Assign label to cells matching a boolean mask directly.

summary()[source]

Print value counts of current annotations.

UMAP

sceleto.us(adata, gene, groups=None, show=False, exclude=None, figsize=None, **kwargs)[source]
  • 03/10/2022

Create a umap using a list of genes.

adata:AnnData, REQUIRED | AnnData object. gene:list/str, REQUIRED | List of genes to use for UMAP. A coma seperated string can be used instead of a list groups:str, NOT REQUIRED | Restrict to a few categories in categorical observation annotation show:boolean, NOT REQUIRED | Show the plot. Default = False. exclude:list, NOT REQUIRED | List of genes to exclude. figsize:float, NOT REQUIRED | Figure size.

Preprocessing

sceleto.sc_process(adata, steps: str = 'fspkuc', n_pcs: int = 50)[source]

Scanpy preprocessing pipeline controlled by a step string.

Each letter in steps triggers one preprocessing step, executed in order:

n

normalize_total (1e4)

l

log1p + store .raw

f

highly_variable_genes + filter

r

remove cell-cycle genes

s

scale (max_value=10)

p

PCA

k

kNN neighbors

u

UMAP

c

leiden clustering

Parameters

adata : AnnData steps : str

Letters selecting which steps to run. Default "fspkuc".

n_pcsint

Number of PCs for neighbor search. Default 50.

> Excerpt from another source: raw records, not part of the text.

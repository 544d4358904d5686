-- ===== src/Serialization/Serializer.antt =====
-- serialization/serializer.py
use kafka_fdb_streamline.Common.{Option, none, some, List, is_empty}
use kafka_fdb_streamline.Errors.{Field, input_value}
use kafka_fdb_streamline.Serialization.Checked.{Checked, valid, ◌>>=◌, ◌>>◌, refuse}
use kafka_fdb_streamline.Serialization.Model.{Bytes, Value, NativeMutation}
use kafka_fdb_streamline.Serialization.Message.{RecordArm, Protobuf}
use kafka_fdb_streamline.Serialization.Checks
use kafka_fdb_streamline.Serialization.Wire.{
  timestamp, record_bytes, mutation_message, mutation_messages,
}

module _ (pb : Protobuf) where
  unfoldable pub serialize_mutation : NativeMutation → Value → Value → Value → Value → Checked Bytes
  serialize_mutation mutation fdb_version sequence_no stream_name bridge_timestamp_ns = do
    version ← Checks.fdb_version fdb_version
    sequence ← Checks.sequence_no sequence_no Field.sequence_no
    (name, timestamp_ns) ← Checks.envelope stream_name bridge_timestamp_ns
    native ← Checks.native mutation none
    valid (
        record_bytes pb name timestamp_ns
          (some (RecordArm.mutation (mutation_message native version sequence))))

  unfoldable pub serialize_batch :
      Option (List NativeMutation) → Value → Value → Value → Value → Checked Bytes
  serialize_batch mutations fdb_version first_sequence_no stream_name bridge_timestamp_ns = do
    version ← Checks.fdb_version fdb_version
    first ← Checks.sequence_no first_sequence_no Field.first_sequence_no
    (name, timestamp_ns) ← Checks.envelope stream_name bridge_timestamp_ns
    natives ← Checks.natives mutations first
    refuse (is_empty natives) (input_value Field.mutations none)
    valid (
        record_bytes pb name timestamp_ns
          (some (RecordArm.batch (mutation_messages natives version first))))

  unfoldable pub serialize_version_end : Value → Value → Value → Value → Checked Bytes
  serialize_version_end fdb_version total_mutations stream_name bridge_timestamp_ns = do
    version ← Checks.fdb_version fdb_version
    total ← Checks.total_mutations total_mutations
    (name, timestamp_ns) ← Checks.envelope stream_name bridge_timestamp_ns
    valid (
        record_bytes pb name timestamp_ns (
          some (
            RecordArm.version_end (record {
              fdb_version = version;
              total_mutations = total;
              bridge_timestamp = some (timestamp timestamp_ns);
            }))))
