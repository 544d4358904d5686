-- ===== src/Serialization/VersionGroup.antt =====
-- serialization/version_group.py: a whole version group as batch records and its version end.
pub mod Cut
pub mod Slices
pub mod Fits
pub mod Records
use kafka_fdb_streamline.Common.{
  ℕ, zero, suc, ◌+◌, ◌-◌, ◌*◌, ◌/◌, true, false, ◌&&◌, Option, none, some, List, [], ◌∷◌, ◌++◌, map,
  ltb, ◌==◌, if◌then◌else◌, is_empty, length, take, drop, pos,
}
use kafka_fdb_streamline.Errors.{record_too_large}
use kafka_fdb_streamline.Serialization.Checked.{Checked, valid, invalid, ◌>>=◌, ◌>>◌, refuse}
use kafka_fdb_streamline.Serialization.Model.{Text, Bytes, Value, NativeMutation}
use kafka_fdb_streamline.Serialization.Message.{FdbMutation, RecordArm, Protobuf}
use kafka_fdb_streamline.Serialization.Checks
use kafka_fdb_streamline.Serialization.Wire.{record_bytes, mutation_messages}
use kafka_fdb_streamline.Serialization.Serializer.{serialize_version_end}

-- `int.bit_length`; the first argument bounds the halvings, and the number itself is enough.
bit_length_within : ℕ → ℕ → ℕ
bit_length_within zero value = 0
bit_length_within (suc fuel) value = elim (value == 0) [
  | true ↦ 0
  | false ↦ suc (bit_length_within fuel (value / 2))
]

unfoldable pub bit_length : ℕ → ℕ
unfolding bit_length_within
bit_length value = bit_length_within value value

-- `_varint_bytes`
unfoldable pub varint_bytes : ℕ → ℕ
unfolding bit_length
varint_bytes value = let groups = (bit_length value + 6) / 7 in if ltb groups 1 then 1 else groups

-- `_tag_bytes`, of the field's number in mutations.proto.
unfoldable pub tag_bytes : ℕ → ℕ
unfolding varint_bytes
tag_bytes field_number = varint_bytes (field_number * 8)

-- `FDBMutationRecord.batch` is field 5, and `FDBMutationBatch.mutations` is field 1.
unfoldable pub batch_tag_bytes : ℕ
unfolding tag_bytes
batch_tag_bytes = tag_bytes 5

unfoldable pub mutations_tag_bytes : ℕ
unfolding tag_bytes
mutations_tag_bytes = tag_bytes 1

-- `_framed_bytes`
unfoldable pub framed_bytes : ℕ → ℕ → ℕ
framed_bytes tag payload = tag + varint_bytes payload + payload

-- The variables of the slicing loop.
pub record Slicing : Type 0 where
  pub slices : List (ℕ × ℕ)
  pub start : ℕ
  pub batch_bytes : ℕ

module _ (envelope_bytes max_record_bytes : ℕ) where
  -- The size of a batch record whose framed mutations take `payload` bytes.
  unfoldable pub batch_record_bytes : ℕ → ℕ
  batch_record_bytes payload = envelope_bytes + framed_bytes batch_tag_bytes payload

  -- `if batch_bytes and grown > max_record_bytes:`
  unfoldable pub close_slice : ℕ → ℕ → Slicing → Slicing
  close_slice i mutation_bytes s =
      if ltb 0 s.batch_bytes
        && ltb max_record_bytes (batch_record_bytes (s.batch_bytes + mutation_bytes))
      then record { slices = s.slices ++ (s.start, i) ∷ []; start = i; batch_bytes = 0 }
      else s

  -- `if not batch_bytes:`, and the sum of the loop's last line.
  unfoldable pub grow_slice : ℕ → ℕ → Slicing → Checked Slicing
  grow_slice i mutation_bytes s =
      if s.batch_bytes == 0 && ltb max_record_bytes (batch_record_bytes mutation_bytes)
      then invalid (record_too_large (some i) (batch_record_bytes mutation_bytes) max_record_bytes)
      else valid (record s { batch_bytes = s.batch_bytes + mutation_bytes })

  module _ (pb : Protobuf) where
    unfoldable pub mutation_frame : FdbMutation → ℕ
    mutation_frame message = framed_bytes mutations_tag_bytes (pb.byte_size message)

    -- The loop over `enumerate(messages)`, from position `i` on.
    unfoldable pub slice_from : List FdbMutation → ℕ → Slicing → Checked Slicing
    slice_from [] i s = valid s
    slice_from (message ∷ rest) i s = do
      grown ← grow_slice i (mutation_frame message) (close_slice i (mutation_frame message) s)
      slice_from rest (i + 1) grown

-- `messages[a:b]`
unfoldable pub slice_of : List FdbMutation → ℕ × ℕ → List FdbMutation
slice_of messages (a, b) = take (b - a) (drop a messages)

-- The slices of the group, the last one included.
unfoldable pub last_slice : List FdbMutation → Slicing → List (ℕ × ℕ)
last_slice messages s =
    if is_empty messages then s.slices else s.slices ++ (s.start, length messages) ∷ []

module _ (pb : Protobuf) where
  unfoldable pub slices : List FdbMutation → ℕ → ℕ → Checked (List (ℕ × ℕ))
  unfolding last_slice
  slices messages envelope_bytes max_record_bytes = do
    s ←
        slice_from envelope_bytes max_record_bytes pb messages 0
          (record { slices = []; start = 0; batch_bytes = 0 })
    valid (last_slice messages s)

  unfoldable pub batch_record : Text → ℕ → List FdbMutation → Bytes
  batch_record name timestamp_ns messages =
      record_bytes pb name timestamp_ns (some (RecordArm.batch messages))

  unfoldable pub serialize_version_group :
      Option (List NativeMutation) → Value → Value → Value → Value → Checked (List Bytes)
  serialize_version_group mutations fdb_version max_record_bytes stream_name bridge_timestamp_ns =
      do
        version ← Checks.fdb_version fdb_version
        budget ← Checks.max_record_bytes max_record_bytes
        (name, timestamp_ns) ← Checks.envelope stream_name bridge_timestamp_ns
        natives ← Checks.natives mutations 0
        let messages = mutation_messages natives version 0
        let envelope_bytes = length (record_bytes pb name timestamp_ns none)
        ranges ← slices messages envelope_bytes budget
        version_end ←
            serialize_version_end pb fdb_version (Value.int (pos (length messages))) stream_name
              bridge_timestamp_ns
        refuse (ltb budget (length version_end)) (record_too_large none (length version_end) budget)
        valid (
            map (λ range. batch_record name timestamp_ns (slice_of messages range)) ranges
            ++ version_end ∷ [])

sceleto.read_process(adata, version: str, *, species: str = 'human', sample: str | None = None, define_var: bool = True, call_doublet: bool = True, write: bool = True, min_n_counts: int = 1000, min_n_genes: int = 500, max_n_genes: int = 7000, max_pct_mito: float = 0.5)[source]

QC filtering + optional doublet detection + write.

Parameters

adataAnnData

Raw count matrix.

versionstr

Version tag for the output filename.

speciesstr

"human" or "mouse" (determines mito gene prefix).

samplestr, optional

Sample name stored in adata.obs["Sample"].

define_varbool

If True, copy gene names / Ensembl IDs into adata.var.

call_doubletbool

If True, run scrublet for doublet detection (lazy import).

writebool

If True, save filtered adata as h5ad.

min_n_counts, min_n_genes, max_n_genesint

Cell-level count / gene number thresholds.

max_pct_mitofloat

Maximum mitochondrial fraction (0–1).

sceleto.remove_geneset(adata, geneset)[source]

Remove genes in geneset from adata and return a copy.